> MATERIAL SUPPLIED
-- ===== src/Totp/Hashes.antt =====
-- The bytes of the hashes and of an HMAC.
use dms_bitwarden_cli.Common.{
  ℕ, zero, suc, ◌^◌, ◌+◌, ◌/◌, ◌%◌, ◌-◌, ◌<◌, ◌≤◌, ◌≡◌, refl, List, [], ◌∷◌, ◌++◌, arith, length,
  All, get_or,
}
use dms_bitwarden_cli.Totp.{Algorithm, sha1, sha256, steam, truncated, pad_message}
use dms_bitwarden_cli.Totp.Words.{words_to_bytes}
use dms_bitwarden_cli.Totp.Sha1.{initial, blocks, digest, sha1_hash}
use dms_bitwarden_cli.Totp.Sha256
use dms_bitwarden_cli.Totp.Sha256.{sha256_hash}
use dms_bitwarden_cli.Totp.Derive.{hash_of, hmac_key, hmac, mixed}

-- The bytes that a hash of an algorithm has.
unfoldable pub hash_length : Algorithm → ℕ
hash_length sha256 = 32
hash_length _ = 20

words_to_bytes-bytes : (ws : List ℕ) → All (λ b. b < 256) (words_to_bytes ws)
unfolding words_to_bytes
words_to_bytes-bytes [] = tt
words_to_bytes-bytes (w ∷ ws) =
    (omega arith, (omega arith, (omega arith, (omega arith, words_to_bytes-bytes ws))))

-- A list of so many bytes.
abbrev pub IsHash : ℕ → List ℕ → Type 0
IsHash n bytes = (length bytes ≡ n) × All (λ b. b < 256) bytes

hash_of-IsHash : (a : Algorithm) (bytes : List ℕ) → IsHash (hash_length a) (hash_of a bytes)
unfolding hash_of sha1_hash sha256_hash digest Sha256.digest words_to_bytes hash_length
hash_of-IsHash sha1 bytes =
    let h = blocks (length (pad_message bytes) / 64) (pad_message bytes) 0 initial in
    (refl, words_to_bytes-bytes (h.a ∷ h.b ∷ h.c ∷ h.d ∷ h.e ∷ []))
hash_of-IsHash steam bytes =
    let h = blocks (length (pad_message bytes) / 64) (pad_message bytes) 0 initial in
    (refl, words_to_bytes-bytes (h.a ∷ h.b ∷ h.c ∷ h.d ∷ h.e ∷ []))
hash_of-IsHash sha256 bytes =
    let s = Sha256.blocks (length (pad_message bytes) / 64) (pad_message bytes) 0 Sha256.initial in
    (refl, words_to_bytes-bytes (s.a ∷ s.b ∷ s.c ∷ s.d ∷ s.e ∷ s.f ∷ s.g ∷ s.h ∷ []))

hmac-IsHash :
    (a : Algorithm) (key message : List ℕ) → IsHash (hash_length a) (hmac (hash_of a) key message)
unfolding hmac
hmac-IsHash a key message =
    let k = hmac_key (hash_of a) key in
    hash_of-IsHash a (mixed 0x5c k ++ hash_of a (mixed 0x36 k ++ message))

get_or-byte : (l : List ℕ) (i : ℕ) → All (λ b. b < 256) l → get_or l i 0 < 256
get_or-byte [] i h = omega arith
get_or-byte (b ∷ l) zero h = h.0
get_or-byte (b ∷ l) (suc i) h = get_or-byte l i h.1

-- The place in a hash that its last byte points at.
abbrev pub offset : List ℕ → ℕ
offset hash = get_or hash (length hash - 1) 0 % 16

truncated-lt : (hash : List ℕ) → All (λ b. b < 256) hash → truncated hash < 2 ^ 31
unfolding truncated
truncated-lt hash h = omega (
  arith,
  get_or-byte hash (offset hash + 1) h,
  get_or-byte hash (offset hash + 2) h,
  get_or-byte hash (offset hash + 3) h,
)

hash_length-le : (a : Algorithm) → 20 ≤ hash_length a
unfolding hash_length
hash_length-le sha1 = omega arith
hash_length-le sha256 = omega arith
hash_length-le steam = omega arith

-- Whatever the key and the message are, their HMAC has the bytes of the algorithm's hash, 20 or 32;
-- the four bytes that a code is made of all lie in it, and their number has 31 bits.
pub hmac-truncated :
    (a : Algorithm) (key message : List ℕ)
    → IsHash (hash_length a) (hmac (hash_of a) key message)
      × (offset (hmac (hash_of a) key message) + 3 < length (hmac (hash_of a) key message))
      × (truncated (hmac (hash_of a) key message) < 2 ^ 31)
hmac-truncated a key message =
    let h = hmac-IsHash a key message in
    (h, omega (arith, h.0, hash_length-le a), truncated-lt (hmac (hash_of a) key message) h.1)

> EXERCISE OBJECTIVE
Figure out how many lines of the material include "arith", then reply with the count alone.

> EXPECTED OUTPUT
8